**WHAT THE TASK REQUIRES**
For the material below, return exactly the lines starting at the one holding "Fetches-IsSoundAt s t (invalidate" and ending at the one holding "unsent = λ j c has. tt;", counting both as part of the range.

= = =

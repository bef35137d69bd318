-- ===== src/Tasks/Unique.antt =====
-- near-fetch/src/lib.rs: the nonces that tasks take from one cache, whichever way their steps
-- interleave.
use near_fetch.Prelude.{
  ℕ, ◌+◌, ◌^◌, ◌<◌, ◌≤◌, List, [], ◌∷◌, none, some, ◌≡◌, ◌≢◌, refl, sym, ◌∙◌, ap, arith, All,
  lookup, insert, remove, lookup-insert_self, lookup-insert_ne, lookup-remove_ne, holds,
  if◌then◌else◌,
}
use mathlib.Core.Path.{subst}
use mathlib.Core.Option.{some-injective}
use near_fetch.Near.{Near}
use near_fetch.Effects.{CacheKey, cache_key_eq, Nonces, update}
use near_fetch.Client.Nonce.{next_nonce}
use near_fetch.Tasks.{
  Place, fetching, System, move, take, Step, acquire_read, hit, miss, acquire_write, find_occupied,
  find_vacant, fetched, failed, viewed, viewed_occupied, cancelled, invalidate, NoWrap, Reach, here,
  next, IsWithin,
}
use near_fetch.Tasks.Exclusion.{IsExclusive, Reach-IsExclusive}

module _ ⦃near : Near⦄ where
  abbrev pub Issue : Type 0
  Issue = CacheKey × ℕ

  abbrev pub IsBelow : Issue → Issue → Type 0
  IsBelow (k, n) (j, m) = j ≡ k → m < n

  -- Each entry of a list, the latest first, is above the older ones of its key.
  abbrev pub IsRising : List Issue → Type 0
  IsRising [] = Unit
  IsRising (e ∷ es) = All (IsBelow e) es × IsRising es

  -- the cache holds a nonce for the key that is at least this one
  abbrev IsHeld : Nonces → Issue → Type 0
  IsHeld nonces (k, m) = (n : ℕ) × (lookup cache_key_eq k nonces ≡ some n) × (m ≤ n)

  All-weaken :
      {P Q : Issue → Type 0} (es : List Issue) → ((e : Issue) → P e → Q e) → All P es → All Q es
  All-weaken [] f a = tt
  All-weaken (e ∷ es) f a = (f e a.0, All-weaken es f a.1)

  All-remove :
      {P Q : Issue → Type 0} (k : CacheKey) (es : List Issue)
      → ((e : Issue) → e.0 ≢ k → P e → Q e)
      → All P es
      → All Q (remove cache_key_eq k es)
  All-remove k [] f a = tt
  All-remove {Q = Q} k ((j, m) ∷ es) f a =
      elim (cache_key_eq k j)
        as (λ (d : Dec (k ≡ j)).
          All Q (if holds d then remove cache_key_eq k es else (j, m) ∷ remove cache_key_eq k es)) [
            | yes e ↦ All-remove k es f a.1
            | no ne ↦ (f (j, m) (λ p. ne (sym p)) a.0, All-remove k es f a.1)
          ]

  IsRising-remove :
      (k : CacheKey) (es : List Issue) → IsRising es → IsRising (remove cache_key_eq k es)
  IsRising-remove k [] a = tt
  IsRising-remove k ((j, m) ∷ es) a =
      elim (cache_key_eq k j)
        as (λ (d : Dec (k ≡ j)).
          IsRising
            (if holds d then remove cache_key_eq k es else (j, m) ∷ remove cache_key_eq k es)) [
              | yes e ↦ IsRising-remove k es a.1
              | no ne ↦ (All-remove k es (λ e other below. below) a.0, IsRising-remove k es a.1)
            ]

  IsHeld-take :
      (k : CacheKey) (n : ℕ) (nonces : Nonces) (e : Issue)
      → ((m : ℕ) → lookup cache_key_eq k nonces ≡ some m → m ≤ n)
      → IsHeld nonces e
      → IsHeld (insert cache_key_eq k n nonces) e
  IsHeld-take k n nonces (j, m) rises (h, found, le) = elim (cache_key_eq j k) [
    | yes same ↦ (
      n,
      rw same (lookup-insert_self cache_key_eq k n nonces),
      omega (arith, rises h (ap (λ q. lookup cache_key_eq q nonces) (sym same) ∙ found)),
    )
    | no other ↦ (h, lookup-insert_ne cache_key_eq j k n nonces other ∙ found, le)
  ]

  IsHeld-remove :
      (k : CacheKey) (nonces : Nonces) (e : Issue)
      → e.0 ≢ k
      → IsHeld nonces e
      → IsHeld (remove cache_key_eq k nonces) e
  IsHeld-remove k nonces (j, m) other (h, found, le) =
      (h, lookup-remove_ne cache_key_eq j k nonces other ∙ found, le)

  -- What holds of the cache in every reachable state.
  record IsSound (s : System) : Type 0 where
    rising : IsRising s.issued
    held : All (IsHeld s.nonces) s.issued
    vacant : (i : ℕ) (k : CacheKey) → s.place i ≡ fetching k → lookup cache_key_eq k s.nonces ≡ none

  take-IsSound :
      (k : CacheKey) (n : ℕ) (s : System)
      → IsSound s
      → ((h : ℕ) → lookup cache_key_eq k s.nonces ≡ some h → h < next_nonce n)
      → IsRising (take k n s).issued × All (IsHeld (take k n s).nonces) (take k n s).issued
  take-IsSound k n s sound rises = (
    (
      All-weaken s.issued
          (λ (e : Issue) (h : IsHeld s.nonces e) (same : e.0 ≡ k).
            omega
              (arith, h.2, rises h.0 (ap (λ q. lookup cache_key_eq q s.nonces) (sym same) ∙ h.1)))
          sound.held,
      sound.rising,
    ),
    (
      (next_nonce n, lookup-insert_self cache_key_eq k (next_nonce n) s.nonces, omega arith),
      All-weaken s.issued
          (λ e. IsHeld-take k (next_nonce n) s.nonces e (λ m found. omega (arith, rises m found)))
          sound.held,
    ),
  )

  pub next_rises :
      (k : CacheKey) (n : ℕ) (nonces : Nonces)
      → lookup cache_key_eq k nonces ≡ some n
      → n + 1 < 2 ^ 64
      → (h : ℕ) → lookup cache_key_eq k nonces ≡ some h
      → h < next_nonce n
  next_rises k n nonces found small h again = omega (arith, some-injective _ _ (sym found ∙ again))

  move-IsSound :
      (i : ℕ) (p : Place) (s : System)
      → IsSound s
      → ((k : CacheKey) → p ≡ fetching k → lookup cache_key_eq k s.nonces ≡ none)
      → IsSound (move i p s)
  move-IsSound i p s sound absent = record {
    rising = sound.rising;
    held = sound.held;
    vacant = λ j k f. ground (arith, sound.vacant j k, absent k);
  }

  -- A task takes a nonce and moves on, while no other task waits for an access key.
  issue-IsSound :
      (i : ℕ) (p : Place) (k : CacheKey) (n : ℕ) (s : System)
      → IsSound s
      → ((h : ℕ) → lookup cache_key_eq k s.nonces ≡ some h → h < next_nonce n)
      → ((j : ℕ) (q : CacheKey) → update s.place i p j ≢ fetching q)
      → IsSound (move i p (take k n s))
  issue-IsSound i p k n s sound rises alone =
      let (rising, held) = take-IsSound k n s sound rises in
      record { rising = rising; held = held; vacant = λ j q f. absurd (alone j q f) }

  Step-IsSound : {s t : System} (st : Step s t) → IsExclusive s → NoWrap st → IsSound s → IsSound t
  Step-IsSound {s} (acquire_read i k p free e) x small sound =
      subst IsSound (sym e) (move-IsSound i _ s sound (λ q f. ground arith))
  Step-IsSound {s} (hit i k n p found e) x small sound = subst IsSound (sym e) (
      issue-IsSound i _ k n s sound (next_rises k n s.nonces found small)
        (λ j q f. ground (arith, x j i)))
  Step-IsSound {s} (miss i k p absent e) x small sound =
      subst IsSound (sym e) (move-IsSound i _ s sound (λ q f. ground arith))
  Step-IsSound {s} (acquire_write i k p free e) x small sound =
      subst IsSound (sym e) (move-IsSound i _ s sound (λ q f. ground arith))
  Step-IsSound {s} (find_occupied i k n p found e) x small sound = subst IsSound (sym e) (
      issue-IsSound i _ k n s sound (next_rises k n s.nonces found small)
        (λ j q f. ground (arith, x j i)))
  Step-IsSound {s} (find_vacant i k p absent e) x small sound =
      subst IsSound (sym e) (move-IsSound i _ s sound (λ q f. ground (arith, absent)))
  Step-IsSound {s} (fetched i k n p e) x small sound = subst IsSound (sym e) (
      issue-IsSound i _ k n s sound (λ h found. absurd (ground (arith, sound.vacant i k p)))
        (λ j q f. ground (arith, x j i)))
  Step-IsSound {s} (failed i k p e) x small sound =
      subst IsSound (sym e) (move-IsSound i _ s sound (λ q f. ground arith))
  Step-IsSound {s} (viewed i k n p e) x small sound =
      subst IsSound (sym e) (move-IsSound i _ s sound (λ q f. ground arith))
  Step-IsSound {s} (viewed_occupied i k n p e) x small sound =
      subst IsSound (sym e) (move-IsSound i _ s sound (λ q f. ground arith))
  Step-IsSound {s} (cancelled i k p e) x small sound =
      subst IsSound (sym e) (move-IsSound i _ s sound (λ q f. ground arith))
  Step-IsSound {s} (invalidate k free e) x small sound = subst IsSound (sym e) (record {
    rising = IsRising-remove k s.issued sound.rising;
    held = All-remove k s.issued (IsHeld-remove k s.nonces) sound.held;
    vacant = λ j q f. ground (arith, free j);
  })

  Reach-IsSound : {s : System} (r : Reach s) → IsWithin r → IsSound s
  Reach-IsSound here within = record { rising = tt; held = tt; vacant = λ i k f. refl }
  Reach-IsSound (next r st) within =
      Step-IsSound st (Reach-IsExclusive r) within.1 (Reach-IsSound r within.0)

  -- In every state that is reached without a counter at its end, each nonce that was issued for a
  -- key since its last invalidation is above those issued for it before: so however the calls of
  -- the tasks interleave, no nonce of a key is issued twice between two invalidations of it.
  pub Reach-IsRising : {s : System} (r : Reach s) → IsWithin r → IsRising s.issued
  Reach-IsRising r within = (Reach-IsSound r within).rising

  -- While a task waits for the access key of a key, the cache has no nonce for it.
  pub Reach-vacant :
      {s : System} (r : Reach s)
      → IsWithin r
      → (i : ℕ) (k : CacheKey) → s.place i ≡ fetching k
      → lookup cache_key_eq k s.nonces ≡ none
  Reach-vacant r within = (Reach-IsSound r within).vacant
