-- ===== src/Tasks/Jobs/Sound.antt =====
-- near-fetch/src/lib.rs: the nonces that tasks have taken are the tasks' own in every state that they
-- reach.
use near_fetch.Prelude.{
  ℕ, ◌<◌, none, some, ◌≡◌, refl, sym, ◌∙◌, ap, arith, insert, remove, lookup, inl, inr,
}
use mathlib.Core.Path.{subst}
use near_fetch.Near.{Near}
use near_fetch.Effects.{CacheKey, cache_key_eq, Nonces, Net}
use near_fetch.Client.Nonce.{next_nonce}
use near_fetch.Tasks as Tasks
use near_fetch.Tasks.{
  acquire_read, hit, miss, acquire_write, find_occupied, find_vacant, fetched, failed, viewed,
  viewed_occupied, cancelled, invalidate,
}
use near_fetch.Tasks.Jobs.{
  Ticket, ticket, bump, Stage, Jobs, put, Work, Fetches, Returns, Step, account, public_key,
  sign_tx, fetch_nonce, fetch, signer_id, sign, send, refused, finished, dropped, NoWrap, Reach,
  here, next, IsWithin,
}
use near_fetch.Tasks.Jobs.Tickets.{ticket_of, IsSound, weaken-IsSound, take-IsSound}
use near_fetch.Tasks.Jobs.Spending.{send-IsSound, forget-IsOld, IsSoundAt, put-IsSoundAt}
use near_fetch.Tasks.Jobs.Cache.{Reach-IsReached}
use near_fetch.Tasks.Unique.{next_rises, Reach-vacant}

module _ ⦃near : Near⦄ where
  -- While a task waits for an access key, the cache has no nonce for it.
  abbrev IsVacant : Tasks.System → Type 0
  IsVacant c =
      (i : ℕ) (k : CacheKey) → c.place i ≡ Tasks.fetching k → lookup cache_key_eq k c.nonces ≡ none

  abbrev nonces_of : Tasks.System → Nonces
  nonces_of c = c.nonces

  -- In the cache, only places change.
  cache-IsSoundAt :
      (s : Jobs) (c : Tasks.System)
      → c.nonces ≡ s.cache.nonces
      → IsSoundAt s
      → IsSoundAt (record s { cache = c })
  cache-IsSoundAt s c same sound =
      subst (λ nonces. IsSound nonces s.epoch s.stage s.sent) (sym same) sound

  -- The call ends, with its ticket or without.
  ended-IsSoundAt :
      (i : ℕ) (p : Stage) (s : Jobs) (c : Tasks.System)
      → c.nonces ≡ s.cache.nonces
      → ((d : Ticket) → ticket_of p ≡ some d → ticket_of (s.stage i) ≡ some d)
      → IsSoundAt s
      → IsSoundAt (record (put i p s) { cache = c })
  ended-IsSoundAt i p s c same keeps sound =
      cache-IsSoundAt (put i p s) c same (put-IsSoundAt i p s keeps sound)

  -- The call takes a nonce.
  taken-IsSoundAt :
      (i : ℕ) (p : Stage) (k : CacheKey) (n : ℕ) (s : Jobs) (c : Tasks.System)
      → c.nonces ≡ insert cache_key_eq k n s.cache.nonces
      → ((h : ℕ) → lookup cache_key_eq k s.cache.nonces ≡ some h → h < n)
      → ticket_of p ≡ some (ticket k n s)
      → IsSoundAt s
      → IsSoundAt (record (put i p s) { cache = c })
  taken-IsSoundAt i p k n s c same above is_new sound =
      subst (λ nonces. IsSound nonces s.epoch (put i p s).stage s.sent) (sym same)
        (take-IsSound k n s.cache.nonces s.epoch above p is_new i s.stage s.sent sound)

  forgotten-IsSoundAt :
      (k : CacheKey) (s : Jobs) (c : Tasks.System)
      → c.nonces ≡ remove cache_key_eq k s.cache.nonces
      → IsSoundAt s
      → IsSoundAt (record s { cache = c; epoch = bump k s.epoch })
  forgotten-IsSoundAt k s c same sound =
      subst (λ nonces. IsSound nonces (bump k s.epoch) s.stage s.sent) (sym same)
        (weaken-IsSound (forget-IsOld k s.cache.nonces s.epoch) (λ j d has. has) sound)

  Returns-IsSoundAt :
      (i : ℕ) (k : CacheKey) (n : ℕ) (s : Jobs) (c : Tasks.System) {t : Jobs}
      → c.nonces ≡ s.cache.nonces
      → Returns i k n s c t
      → IsSoundAt s
      → IsSoundAt t
  Returns-IsSoundAt i k n s c same (inl (ck, e, hash, at, f)) sound =
      subst IsSoundAt (sym f) (ended-IsSoundAt i _ s c same (λ d has. ap ticket_of at ∙ has) sound)
  Returns-IsSoundAt i k n s c same (inr f) sound =
      subst IsSoundAt (sym f) (ended-IsSoundAt i _ s c same (λ d has. ground arith) sound)

  Fetches-IsSoundAt :
      (s t : Jobs) {c : Tasks.System} (st : Tasks.Step s.cache c)
      → IsVacant s.cache
      → Tasks.NoWrap st
      → Fetches s st t
      → IsSoundAt s
      → IsSoundAt t
  Fetches-IsSoundAt s t {c} (acquire_read i k p free e) v small (ck, at, f) sound =
      subst IsSoundAt (sym f) (cache-IsSoundAt s c (ap nonces_of e) sound)
  Fetches-IsSoundAt s t {c} (hit i k n p found e) v small (ck, at, f) sound =
      subst IsSoundAt (sym f) (
        taken-IsSoundAt i _ k (next_nonce n) s c (ap nonces_of e)
          (next_rises k n s.cache.nonces found small) refl sound)
  Fetches-IsSoundAt s t {c} (miss i k p absent e) v small f sound =
      subst IsSoundAt (sym f) (cache-IsSoundAt s c (ap nonces_of e) sound)
  Fetches-IsSoundAt s t {c} (acquire_write i k p free e) v small f sound =
      subst IsSoundAt (sym f) (cache-IsSoundAt s c (ap nonces_of e) sound)
  Fetches-IsSoundAt s t {c} (find_occupied i k n p found e) v small (ck, at, f) sound =
      subst IsSoundAt (sym f) (
        taken-IsSoundAt i _ k (next_nonce n) s c (ap nonces_of e)
          (next_rises k n s.cache.nonces found small) refl sound)
  Fetches-IsSoundAt s t {c} (find_vacant i k p absent e) v small f sound =
      subst IsSoundAt (sym f) (cache-IsSoundAt s c (ap nonces_of e) sound)
  Fetches-IsSoundAt s t {c} (fetched i k n p e) v small (ck, hash, at, f) sound =
      subst IsSoundAt (sym f) (
        taken-IsSoundAt i _ k (next_nonce n) s c (ap nonces_of e)
          (λ h found. absurd (ground (arith, v i k p, found))) refl sound)
  Fetches-IsSoundAt s t {c} (failed i k p e) v small f sound =
      subst IsSoundAt (sym f)
        (ended-IsSoundAt i _ s c (ap nonces_of e) (λ d has. ground arith) sound)
  Fetches-IsSoundAt s t {c} (viewed i k n p e) v small f sound =
      Returns-IsSoundAt i k n s c (ap nonces_of e) f sound
  Fetches-IsSoundAt s t {c} (viewed_occupied i k n p e) v small f sound =
      Returns-IsSoundAt i k n s c (ap nonces_of e) f sound
  Fetches-IsSoundAt s t {c} (cancelled i k p e) v small f sound =
      subst IsSoundAt (sym f)
        (ended-IsSoundAt i _ s c (ap nonces_of e) (λ d has. ground arith) sound)
  Fetches-IsSoundAt s t {c} (invalidate k free e) v small f sound =
      subst IsSoundAt (sym f) (forgotten-IsSoundAt k s c (ap nonces_of e) sound)

module _ ⦃near : Near⦄ ⦃net : Net⦄ (work : Work) where
  Step-IsSoundAt :
      {s t : Jobs} (st : Step work s t)
      → IsVacant s.cache
      → NoWrap work st
      → IsSoundAt s
      → IsSoundAt t
  Step-IsSoundAt {s} {t} (account i signer id at now acc e) v small sound =
      subst IsSoundAt (sym e) (put-IsSoundAt i _ s (λ c has. ground arith) sound)
  Step-IsSoundAt {s} {t} (public_key i signer id at now e) v small sound =
      subst IsSoundAt (sym e) (put-IsSoundAt i _ s (λ c has. ground arith) sound)
  Step-IsSoundAt {s} {t} (sign_tx i signer ck at now e) v small sound =
      subst IsSoundAt (sym e) (put-IsSoundAt i _ s (λ c has. ground arith) sound)
  Step-IsSoundAt {s} {t} (fetch_nonce i signer ck pk id at now acc e) v small sound =
      subst IsSoundAt (sym e) (put-IsSoundAt i _ s (λ c has. ground arith) sound)
  Step-IsSoundAt {s} {t} (fetch st f) v small sound = Fetches-IsSoundAt s t st v small f sound
  Step-IsSoundAt {s} {t} (signer_id i signer ck c hash id at now acc e) v small sound =
      subst IsSoundAt (sym e) (put-IsSoundAt i _ s (λ d has. ap ticket_of at ∙ has) sound)
  Step-IsSoundAt {s} {t} (sign i signer ck c hash id at now e) v small sound =
      subst IsSoundAt (sym e) (put-IsSoundAt i _ s (λ d has. ap ticket_of at ∙ has) sound)
  Step-IsSoundAt {s} {t} (send i ck c tx at e) v small sound =
      subst IsSoundAt (sym e) (send-IsSound i _ c tx (ap ticket_of at) refl sound)
  Step-IsSoundAt {s} {t} (refused i ck at free e f) v small sound =
      Fetches-IsSoundAt s t (invalidate ck free e) v tt f sound
  Step-IsSoundAt {s} {t} (finished i ck at e) v small sound =
      subst IsSoundAt (sym e) (put-IsSoundAt i _ s (λ c has. ground arith) sound)
  Step-IsSoundAt {s} {t} (dropped i ck k at out e) v small sound =
      subst IsSoundAt (sym e) (put-IsSoundAt i _ s (λ c has. ground arith) sound)

  pub Reach-IsSoundAt : {s : Jobs} (r : Reach work s) → IsWithin work r → IsSoundAt s
  Reach-IsSoundAt (here counters) within = record {
    old = λ j c has. ground arith;
    sent_old = tt;
    apart = λ j l c d ne has other. ground arith;
    unsent = λ j c has. tt;
    pairwise = tt;
  }
  Reach-IsSoundAt (next r st) within =
      let (reached, small) = Reach-IsReached work r within.0 in
      Step-IsSoundAt st (Reach-vacant reached small) within.1 (Reach-IsSoundAt r within.0)
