-- ===== src/Tasks/Jobs/Distinct.antt =====
-- near-fetch/src/lib.rs: the nonces of the transactions that tasks send with one client, whichever
-- way their steps interleave.
use near_fetch.Prelude.{ℕ, List, [], ◌∷◌, ◌≢◌, sym, ◌∙◌, ap, All}
use near_fetch.Near.{Near}
use near_fetch.Effects.{Net}
use near_fetch.Tasks.Jobs.{Jobs, Work, Reach, IsWithin}
use near_fetch.Tasks.Jobs.Tickets.{Sent, IsApart, ArePairwiseApart}
use near_fetch.Tasks.Jobs.Carried.{Carries, OneAccount, Reach-Carries}
use near_fetch.Tasks.Jobs.Sound.{Reach-IsSoundAt}

module _ ⦃near : Near⦄ where
  -- What must not come twice: an account and a public key with a nonce, and the number of times
  -- that the key had been invalidated before the nonce was taken.
  abbrev pub stamp : Sent → (near.AccountId × near.PublicKey) × ℕ × ℕ
  stamp (c, tx) =
      ((tx.transaction.signer_id, tx.transaction.public_key), tx.transaction.nonce, c.epoch)

  abbrev pub IsDistinct : Sent → Sent → Type 0
  IsDistinct x y = stamp x ≢ stamp y

  abbrev pub AreDistinct : List Sent → Type 0
  AreDistinct [] = Unit
  AreDistinct (x ∷ xs) = All (IsDistinct x) xs × AreDistinct xs

  IsApart-IsDistinct : (x y : Sent) → Carries x → Carries y → IsApart x.0 y.0 → IsDistinct x y
  IsApart-IsDistinct x y (n, a, p) (m, b, q) apart same =
      apart (λ i. ((sym a ∙ ap (λ z. z.0.0) same ∙ b) i, (sym p ∙ ap (λ z. z.0.1) same ∙ q) i))
        (ap (λ z. z.2) same) (sym n ∙ ap (λ z. z.1) same ∙ m)

  All-IsDistinct :
      (x : Sent) (xs : List Sent)
      → Carries x
      → All Carries xs
      → All (λ y. IsApart x.0 y.0) xs
      → All (IsDistinct x) xs
  All-IsDistinct x [] own theirs apart = tt
  All-IsDistinct x (y ∷ ys) own theirs apart =
      (IsApart-IsDistinct x y own theirs.0 apart.0, All-IsDistinct x ys own theirs.1 apart.1)

  carried-AreDistinct : (xs : List Sent) → All Carries xs → ArePairwiseApart xs → AreDistinct xs
  carried-AreDistinct [] carried apart = tt
  carried-AreDistinct (x ∷ xs) carried apart =
      (All-IsDistinct x xs carried.0 carried.1 apart.0, carried-AreDistinct xs carried.1 apart.1)

module _ ⦃near : Near⦄ ⦃net : Net⦄ (work : Work) where
  -- However the tasks of one client take turns, signing, sending, dropping calls and invalidating
  -- keys, no two transactions that they have sent for one account and public key have the same
  -- nonce, unless the key was invalidated between the taking of the two nonces; if each task's
  -- signers are of one account, and no nonce counter has wrapped around.
  pub Reach-AreDistinct :
      (accounts : ℕ → near.AccountId)
      → OneAccount work accounts
      → {s : Jobs} (r : Reach work s) → IsWithin work r
      → AreDistinct s.sent
  Reach-AreDistinct accounts owned {s} r within =
      carried-AreDistinct s.sent (Reach-Carries work accounts owned r)
        (Reach-IsSoundAt work r within).pairwise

= = =

**ANSWER FOR THE TASK**
      Fetches-IsSoundAt s t (invalidate ck free e) v tt f sound
  Step-IsSoundAt {s} {t} (finished i ck at e) v small sound =
      subst IsSoundAt (sym e) (put-IsSoundAt i _ s (λ c has. ground arith) sound)
  Step-IsSoundAt {s} {t} (dropped i ck k at out e) v small sound =
      subst IsSoundAt (sym e) (put-IsSoundAt i _ s (λ c has. ground arith) sound)

  pub Reach-IsSoundAt : {s : Jobs} (r : Reach work s) → IsWithin work r → IsSoundAt s
  Reach-IsSoundAt (here counters) within = record {
    old = λ j c has. ground arith;
    sent_old = tt;
    apart = λ j l c d ne has other. ground arith;
    unsent = λ j c has. tt;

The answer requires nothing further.